Here is a thought experiment: suppose a drum of toxic chemicals spills in water and kills 50 percent of the fish. TreeHugger reports on it, lots of volunteers help with the cleanup, and the remaining fish in the lake recover fully. Then disaster strikes a second time -- the same amount of chemical spills again into that same lake.
Will the spill kill 50 percent of the fish, again? Or will all of the fish survive, seeing as how they have already proven their ability to recover from that dose of toxins?
This question frames a recent paper on the Death Dilemma and Organism Recovery in Toxicology. The authors examine how the answer to this question influences the outcomes in computer models predicting chemical toxicity. The first case, in which 50 percent of the fish die again, implies a model of random death. The second case depends on a model of individual tolerance -- if an individual has survived once, and is given the chance to recover completely, they will survive again.

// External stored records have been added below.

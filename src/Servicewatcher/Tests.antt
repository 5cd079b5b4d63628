-- ===== src/Servicewatcher/Tests.antt =====
-- A Service of ours with one port, and a tunnel under its name that nobody has labelled.
use frp_operator.Prelude.{
  ℕ, ◌+◌, String, ◌≡◌, refl, true, none, some, [], ◌∷◌, string_eq, nat_eq, ok, err,
}
use frp_operator.Kube.{not_found}
use frp_operator.Api.{Tunnel, TunnelSpec}
use frp_operator.Scheduling.Exits.Tests.{named, tunnel}
use frp_operator.Disruption.Methods.{text_at}
use frp_operator.Servicewatcher.{Service, Parsers, label_managed_by_service, is_our_service}
use frp_operator.Servicewatcher.Sibling.{Outside, desired_spec, reconcile_service}
use frp_operator.Servicewatcher.Settled.{
  written, OutlastsOurs, reconcile_service_settled, reconcile_service_spares,
}

abbrev service : Service
service = record {
  meta = named "web";
  type = "LoadBalancer";
  class = some "frp.operator.io/frp";
  ports = record { name = "http"; protocol = ""; port = 80; target_port = 0 } ∷ [];
  ingress = [];
}

abbrev parsers : Parsers ℕ
parsers = record {
  parse_quantity = λ raw. err "not a quantity";
  unmarshal = λ raw. err "not JSON";
  spec_equal = λ a b. true;
}

abbrev wanted : TunnelSpec ℕ
wanted = record {
  ports = record { name = "http"; public_port = some 80; service_port = 80; protocol = "TCP" } ∷ [];
  requirements = [];
  exit_claim_ref = none;
  requests = [];
}

wanted_spec : desired_spec parsers service ≡ ok wanted
unfolding desired_spec
wanted_spec = refl

-- The world counts the calls that write.
abbrev calls : Tunnel ℕ → Outside ℕ ℕ
calls stored = record {
  get_service = λ namespace name w. (ok service, w);
  get_tunnel = λ namespace name w. (ok stored, w);
  create_tunnel = λ t w. (none, w + 1);
  update_tunnel = λ t w. (none, w + 1);
  delete_tunnel = λ t w. (none, w + 1);
  patch_service_status = λ svc w. (none, w + 1);
}

ours : is_our_service service ≡ true
unfolding is_our_service
ours = refl

reconcile_service_settled_example :
    reconcile_service parsers
      (calls (written parsers service wanted (some tunnel)))
      "default"
      "web"
      0
    ≡ (none, 0)
reconcile_service_settled_example =
    reconcile_service_settled parsers (calls (written parsers service wanted (some tunnel)))
      "default" "web" 0 service wanted (some tunnel) (λ s. refl) refl ours refl wanted_spec refl

-- A Service that is gone; the world tells the label of the last tunnel that was deleted.
abbrev gone : Outside ℕ String
gone = record {
  get_service = λ namespace name w. (err not_found, w);
  get_tunnel = λ namespace name w. (ok tunnel, w);
  create_tunnel = λ t w. (none, w);
  update_tunnel = λ t w. (none, w);
  delete_tunnel = λ t w. (none, text_at label_managed_by_service t.meta.labels);
  patch_service_status = λ svc w. (none, w);
}

abbrev Ours : String → Type 0
Ours w = w ≡ "true"

gone-OutlastsOurs : OutlastsOurs parsers gone Ours
gone-OutlastsOurs = record {
  get_service = λ namespace name w p. p;
  get_tunnel = λ namespace name w p. p;
  create = λ t w p. p;
  update = λ t w p. p;
  delete = λ t w labelled p. labelled;
}

reconcile_service_spares_example : Ours (reconcile_service parsers gone "default" "web" "true").1
reconcile_service_spares_example =
    reconcile_service_spares parsers gone Ours gone-OutlastsOurs "default" "web" "true" refl
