-- ===== src/Stamps.antt =====
-- The controllers that write the hash of a specification on what is made from it:
-- pkg/controllers/exitpool/hash (controller.go, hash.go) and pkg/controllers/providerclass/hash
-- (controller.go). The marshalled text and its SHA-256, cut to 16 digits, are a parameter.
pub mod Settled
pub mod Drift
mod Tests
use frp_operator.Prelude.{
  ℕ, String, Bool, true, false, ◌&&◌, ◌||◌, not, Option, none, some, List, [], ◌∷◌, string_eq,
  nat_eq, ◌==◌, is_some, Result, ok, err, map, if◌then◌else◌, ltb,
}
use frp_operator.Prelude.Maps.{insert}
use frp_operator.Prelude.Sort.{slice_stable}
use frp_operator.Kube.{
  ApiError, other_error, is_not_found, is_conflict, ignore_not_found, Requeue, done, at_once,
}
use frp_operator.Api.{
  ObjectMeta, ExitClaim, ExitPool, ExitClaimTemplateSpec, NodeSelectorRequirement, ProviderClassRef,
  label_exit_pool, annotation_pool_hash, annotation_provider_class_hash, Port,
}
use frp_operator.Text.{text_ltb}
use frp_operator.Scheduling.Ports.{signed_key}
use frp_operator.Disruption.Methods.{text_at}

-- `sort.Strings` on the values of a requirement.
abbrev pub with_sorted_values : NodeSelectorRequirement → NodeSelectorRequirement
with_sorted_values r = record r { values = slice_stable text_ltb r.values }

-- `<` on `int32`.
abbrev pub before_int32 : Port → Port → Bool
before_int32 a b = ltb (signed_key a) (signed_key b)

-- `canonicalize`.
pub canonicalize : ExitClaimTemplateSpec → ExitClaimTemplateSpec
unfolding signed_key
canonicalize t = record t {
  requirements = map with_sorted_values (slice_stable (λ a b. text_ltb a.key b.key) t.requirements);
  frps = record t.frps {
    allow_ports = slice_stable text_ltb t.frps.allow_ports;
    reserved_ports = slice_stable before_int32 t.frps.reserved_ports;
  };
}

-- The object with an annotation.
abbrev pub with_stamp : String → String → ObjectMeta → ObjectMeta
with_stamp key hash meta = record meta { annotations = insert key hash meta.annotations }

-- After an error of these two the loops go on with the next object.
abbrev pub is_skipped : ApiError → Bool
is_skipped e = is_conflict e || is_not_found e

-- A loop over objects of one kind: those at hand, not being deleted and without the hash, are patched.
module _ {A W : Type 0} (meta : A → ObjectMeta) (with_meta : A → ObjectMeta → A)
    (patch : A → W → Option ApiError × W) (mine : A → Bool) (key hash : String) where
  pub leave_alone : A → Bool
  leave_alone a =
      is_some (meta a).deletion_timestamp
      || not (mine a)
      || text_at key (meta a).annotations == hash

  pub stamp_each : List A → W → Option ApiError × W
  stamp_each [] w = (none, w)
  stamp_each (a ∷ objects) w = elim (leave_alone a) [
    | true ↦ stamp_each objects w
    | false ↦
        let (failure, w1) = patch (with_meta a (with_stamp key hash (meta a))) w in
        elim failure [
          | none ↦ stamp_each objects w1
          | some e ↦ elim (is_skipped e) [ true ↦ stamp_each objects w1 | false ↦ (some e, w1) ]
        ]
  ]

module _ {Q : Type 0} where
  -- `PoolTemplateHash`.
  abbrev pub pool_template_hash :
      (ExitClaimTemplateSpec → Result String String) → ExitPool Q → Result String String
  pool_template_hash digest pool = digest (canonicalize pool.spec.template.spec)

  abbrev pub claim_meta : ExitClaim Q → ObjectMeta
  claim_meta c = c.meta

  abbrev pub claim_with : ExitClaim Q → ObjectMeta → ExitClaim Q
  claim_with c m = record c { meta = m }

  abbrev pub pool_meta : ExitPool Q → ObjectMeta
  pool_meta p = p.meta

  abbrev pub pool_with : ExitPool Q → ObjectMeta → ExitPool Q
  pool_with p m = record p { meta = m }

-- What the controllers call. An object of the provider class of a kind is of the type `C`.
pub record Outside (Q C W : Type 0) : Type 0 where
  pub get_pool : String → W → Result ApiError (ExitPool Q) × W
  pub get_class : String → W → Result ApiError C × W
  pub patch_pool : ExitPool Q → W → Option ApiError × W
  pub patch_class : C → W → Option ApiError × W
  pub list_pools : W → Result ApiError (List (ExitPool Q)) × W
  pub list_claims : W → Result ApiError (List (ExitClaim Q)) × W
  pub list_claims_of : String → W → Result ApiError (List (ExitClaim Q)) × W
  pub patch_claim : ExitClaim Q → W → Option ApiError × W

-- The metadata of a provider class, and `SpecHash`.
pub record ClassObject (C : Type 0) : Type 0 where
  pub meta : C → ObjectMeta
  pub with_meta : C → ObjectMeta → C
  pub spec_hash : C → Result String String

-- The result after a patch of the object itself: a conflict asks for another run.
abbrev pub stopped : ApiError → Requeue × Option ApiError
stopped e = elim (is_conflict e) [ true ↦ (at_once, none) | false ↦ (done, some e) ]

module _ {Q C W : Type 0} (out : Outside Q C W) where
  -- `Reconcile` of exitpool/hash, behind the stamp on the pool.
  pub stamp_children : ExitPool Q → String → W → (Requeue × Option ApiError) × W
  unfolding stamp_each
  stamp_children pool hash w =
      let (answer, w1) = out.list_claims_of pool.meta.name w in
      elim answer [
        | err e ↦ ((done, some e), w1)
        | ok claims ↦
            let (failure, w2) =
              stamp_each claim_meta claim_with out.patch_claim (λ c. true) annotation_pool_hash hash
                claims w1 in
            ((done, failure), w2)
      ]

  -- `Reconcile` of exitpool/hash, with the hash.
  pub stamp_pool : ExitPool Q → String → W → (Requeue × Option ApiError) × W
  unfolding stamp_children
  stamp_pool pool hash w = elim (text_at annotation_pool_hash pool.meta.annotations == hash) [
    | true ↦ stamp_children pool hash w
    | false ↦
        let new = pool_with pool (with_stamp annotation_pool_hash hash pool.meta) in
        let (failure, w1) = out.patch_pool new w in
        elim failure [ none ↦ stamp_children new hash w1 | some e ↦ (stopped e, w1) ]
  ]

  -- `Reconcile` of exitpool/hash.
  pub reconcile_pool_hash :
      (ExitClaimTemplateSpec → Result String String) → String → W → (Requeue × Option ApiError) × W
  unfolding stamp_pool canonicalize
  reconcile_pool_hash digest name w =
      let (answer, w1) = out.get_pool name w in
      elim answer [
        | err e ↦ ((done, ignore_not_found e), w1)
        | ok pool ↦ elim (is_some pool.meta.deletion_timestamp) [
          | true ↦ ((done, none), w1)
          | false ↦ elim (pool_template_hash digest pool) [
            | err problem ↦ ((done, some (other_error problem)), w1)
            | ok hash ↦ stamp_pool pool hash w1
          ]
        ]
      ]

  module _ (class : ClassObject C) (kind : String) where
    -- A reference to the provider class of this name.
    abbrev pub refers_to : String → ProviderClassRef → Bool
    refers_to name ref = ref.kind == kind && ref.name == name

    -- `stampObject`.
    pub stamp_object : C → String → W → Option ApiError × W
    stamp_object obj hash w =
        elim (text_at annotation_provider_class_hash (class.meta obj).annotations == hash) [
          | true ↦ (none, w)
          | false ↦
              out.patch_class
                (class.with_meta obj
                  (with_stamp annotation_provider_class_hash hash (class.meta obj)))
                w
        ]

    -- `stampPools`.
    pub stamp_pools : String → String → W → Option ApiError × W
    unfolding stamp_each
    stamp_pools name hash w =
        let (answer, w1) = out.list_pools w in
        elim answer [
          | err e ↦ (some e, w1)
          | ok pools ↦
              stamp_each pool_meta pool_with out.patch_pool
                (λ p. refers_to name p.spec.template.spec.provider_class_ref)
                annotation_provider_class_hash hash pools w1
        ]

    -- `stampClaims`.
    pub stamp_claims : String → String → W → Option ApiError × W
    unfolding stamp_each
    stamp_claims name hash w =
        let (answer, w1) = out.list_claims w in
        elim answer [
          | err e ↦ (some e, w1)
          | ok claims ↦
              stamp_each claim_meta claim_with out.patch_claim
                (λ c. refers_to name c.spec.provider_class_ref) annotation_provider_class_hash hash
                claims w1
        ]

    -- `Reconcile` of providerclass/hash, with the hash.
    pub stamp_class : C → String → W → (Requeue × Option ApiError) × W
    unfolding stamp_object stamp_pools stamp_claims
    stamp_class obj hash w =
        let (failure, w1) = stamp_object obj hash w in
        elim failure [
          | some e ↦ (stopped e, w1)
          | none ↦
              let (problem, w2) = stamp_pools (class.meta obj).name hash w1 in
              elim problem [
                | some e ↦ ((done, some e), w2)
                | none ↦
                    let (last, w3) = stamp_claims (class.meta obj).name hash w2 in
                    ((done, last), w3)
              ]
        ]

    -- `Reconcile` of providerclass/hash.
    pub reconcile_class_hash : String → W → (Requeue × Option ApiError) × W
    unfolding stamp_class
    reconcile_class_hash name w =
        let (answer, w1) = out.get_class name w in
        elim answer [
          | err e ↦ ((done, ignore_not_found e), w1)
          | ok obj ↦ elim (is_some (class.meta obj).deletion_timestamp) [
            | true ↦ ((done, none), w1)
            | false ↦ elim (class.spec_hash obj) [
              | err problem ↦ ((done, some (other_error problem)), w1)
              | ok hash ↦ stamp_class obj hash w1
            ]
          ]
        ]

    -- `poolToPC` and `claimToPC`: the class that a reference has reconciled.
    abbrev pub class_of_ref : ProviderClassRef → Option String
    class_of_ref ref = if not (ref.kind == kind) || ref.name == "" then none else some ref.name

    abbrev pub pool_to_class : ExitPool Q → Option String
    pool_to_class p = class_of_ref p.spec.template.spec.provider_class_ref

    abbrev pub claim_to_class : ExitClaim Q → Option String
    claim_to_class c = class_of_ref c.spec.provider_class_ref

Many people are familiar with the use of models in the assessment of the impacts of climate change. But fewer understand that if we are going to keep up in the race between the invention of new chemicals and new uses for the over 100 million documented chemicals already known, modeling will be essential.
So understanding whether a chemical is working in a random or a threshold-dependent manner can be critical to getting a good prediction from the model. In some cases, such as endocrine disruptors, rethinking the old methods of chemical testing may be essential to getting at the truth about whether there are any levels that can be deemed "safe."